Гроб бургомистра завёрнут в двуцветную пелену, такая же осеняет ратушную арку, и всем известно, что это такое: флаг горoда, который принято называть столь комично, городом с сердцем. Или ещё комичней - городом-раем, ведь он так удобно устроился в цветущей райской долине у северного ранта альпийской подковы. В самом сердце этой долины, надёжно защищённой настоящими снежными, не фальшивыми меловыми, горами. Конечно, эти состряпанные по случаю имена так потешны, что нельзя удержаться от смеха, если глянуть на них без патриотических предубеждений. Но ведь и тёплое нежное сердце - тоже потешное устройство. Достаточно его обнажить и глянуть на него без предубеждений, чтобы уже не суметь сдержать слёзы. Смейся и плачь, и эта карнавальная, двусмысленная мелодия Гайдна отлично соответствует мотиву происходящего: двуцветному флагу, которым опеленут слишком большой гроб.
В свою очередь, чёрная часть флага соответствует монашеской одежде, ведь официальное имя этого весёлого и печального города содержит в себе слово монах. Чтобы извлечь скрытое в недрах имени города слово, фигурки монаха-бенедиктинца налеплены повсюду. В желтизне другой части флага сокрыта позолота. Но точно так и в вышитом на чёрном балахоне монаха жёлтом кресте, на котором он будто распят: в справочнике-гербовнике эта желтизна так и называется - золотая. А в Золотой Мадонне всё это внутреннее золото выступает наружу, и оно выявлено намеренно, чтобы каждый из толпы смог его узнать и без помощи справочных книг.
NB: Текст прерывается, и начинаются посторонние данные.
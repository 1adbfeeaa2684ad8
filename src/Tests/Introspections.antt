-- ===== src/Tests/Introspections.antt =====
-- A run of introspectRefresh on a live Refresh Token.
use one_issuer.Base.{ℕ, suc, ◌≡◌, refl, true, some, []}
use one_issuer.Errors.{ok}
use one_issuer.Text.{Bytes, codes}
use one_issuer.Token.Secret.{digest_presented_refresh_token}
use one_issuer.Store.{Db, Conn, returned}
use one_issuer.Store.Quiet.{quiet}
use one_issuer.Store.Transaction.{start_db}
use one_issuer.Introspection.{IntrospectionInput, IntrospectionResponse, introspect_refresh}
use one_issuer.Introspection.Agreement.{IsExchangeable, introspect_refresh-IsExchangeable}
use one_issuer.Tests.Samples.{digest, alone, app, store, store-IsRefreshStore, now, token_a}

abbrev question : IntrospectionInput
question = record { client = app; token = token_a; hint = []; now = now }

abbrev issuer : Bytes
issuer = codes "https://issuer.example.com"

abbrev answer : IntrospectionResponse
answer = record {
  active = true;
  token_type = [];
  client_id = codes "app";
  scope = codes "offline_access openid profile";
  subject = codes "alice";
  issuer = issuer;
  audience = [];
  issued_at = 864_399_600;
  expires_at = 864_489_600;
}

introspects :
    introspect_refresh digest issuer alone question (quiet store)
    ≡ returned (some answer) (quiet store)
unfolding introspect_refresh digest_presented_refresh_token one_issuer.Scope.canonical_scopes
    one_issuer.Scope.intersection one_issuer.Scope.sorted_set one_issuer.Scope.subset
    one_issuer.Scope.supported one_issuer.Store.Queries.find_client
    one_issuer.Store.Queries.get_refresh_token_by_hash one_issuer.Store.Queries.load_client_children
    one_issuer.Store.Queries.lock_consent_grant_by_user_client
    one_issuer.Store.Queries.lock_oidc_client_by_id
    one_issuer.Store.Queries.lock_refresh_token_family_by_id
    one_issuer.Store.Queries.lock_user_by_id one_issuer.Store.Revoke.lock_whole_client
    one_issuer.Store.Snapshot.get_refresh_token_authority one_issuer.Store.Snapshot.refresh_snapshot
    one_issuer.Store.begin_tx one_issuer.Store.commit one_issuer.Store.in_tx
    one_issuer.Store.in_tx_from one_issuer.Store.is_retryable one_issuer.Store.query
    one_issuer.Store.select one_issuer.Text.Ascending.keys one_issuer.Text.Base64.decode
    one_issuer.Text.Base64.digit_of one_issuer.Text.Base64.encode one_issuer.Text.Base64.value_of
    one_issuer.Text.Sort.contains one_issuer.Text.Sort.has_repeat one_issuer.Text.Sort.insert_string
    one_issuer.Text.Sort.search_strings one_issuer.Text.Sort.sort_strings one_issuer.Text.drop
    one_issuer.Text.has_prefix one_issuer.Text.join_space one_issuer.Text.mem one_issuer.Text.str_eq
    one_issuer.Text.str_lt one_issuer.Text.strs_eq
    one_issuer.Token.Narrowing.canonical_refresh_scopes one_issuer.Token.Narrowing.effective_scopes
    one_issuer.Token.Narrowing.select_refresh_access_scopes
    one_issuer.Token.Secret.decodes_to_length one_issuer.Token.Secret.hash_refresh_token
    one_issuer.Token.Secret.well_formed
introspects = refl

introspect_refresh-IsExchangeable_example :
    (n : ℕ) × (hash : Bytes) × (digest_presented_refresh_token digest token_a ≡ ok hash)
    × IsExchangeable (start_db alone store (suc n)) hash question answer
introspect_refresh-IsExchangeable_example =
    introspect_refresh-IsExchangeable digest issuer alone question (quiet store) (quiet store)
      answer (λ n db h. h) store-IsRefreshStore introspects refl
Беспечная, беспечальная толпа. И музыка гайдновского гимна вовсе не печальна, но и не радостна, лишь чуть торжественна, как на открытии осеннего пивного праздника: старый король умер, но да здравствует молодой, распечатывающий первую пивную бочку король! Тебя не коробит это сдержанное веселье на похоронах. Ведь тебя не коробит надпись кириллицей над входом в нотный магазин в центре баварской столицы, мало ли тут всяких надписей на любом языке. Наоборот, это приятно тебе, одной из частей твоего сердца крохотному левому предсердию, знающему, что его омывает горько-сладкая славянская кровь. Если что и неприятно, так это знание ума, что всё это, такое близкое всему сердцу, очень уж далеко отсюда, слишком далеко от тебя: отделено от тебя. Что увидеть это тебе дано только в воображении сердца, в бодрствовании сердца - во сне ума. Но спасибо и за то.
Пусть только там, во сне ума, на скрытый в недрах твоего сердца город набегают тяжёлые, полные влаги облака, пусть: всё же они где-то да набегают... Без снов можно и совсем разувериться в их существовании. Пусть только в сердце, а всё же они омывают старые дубы и магнолии дождём. После дождя не гудят - поют в огромных липах пчёлы, и в дождевых радугах без труда, легко пасётся прохладное солнышко, поочерёдно высвечивая районы города. Когда-то и сами они были различными городками, а теперь вот слились в одно.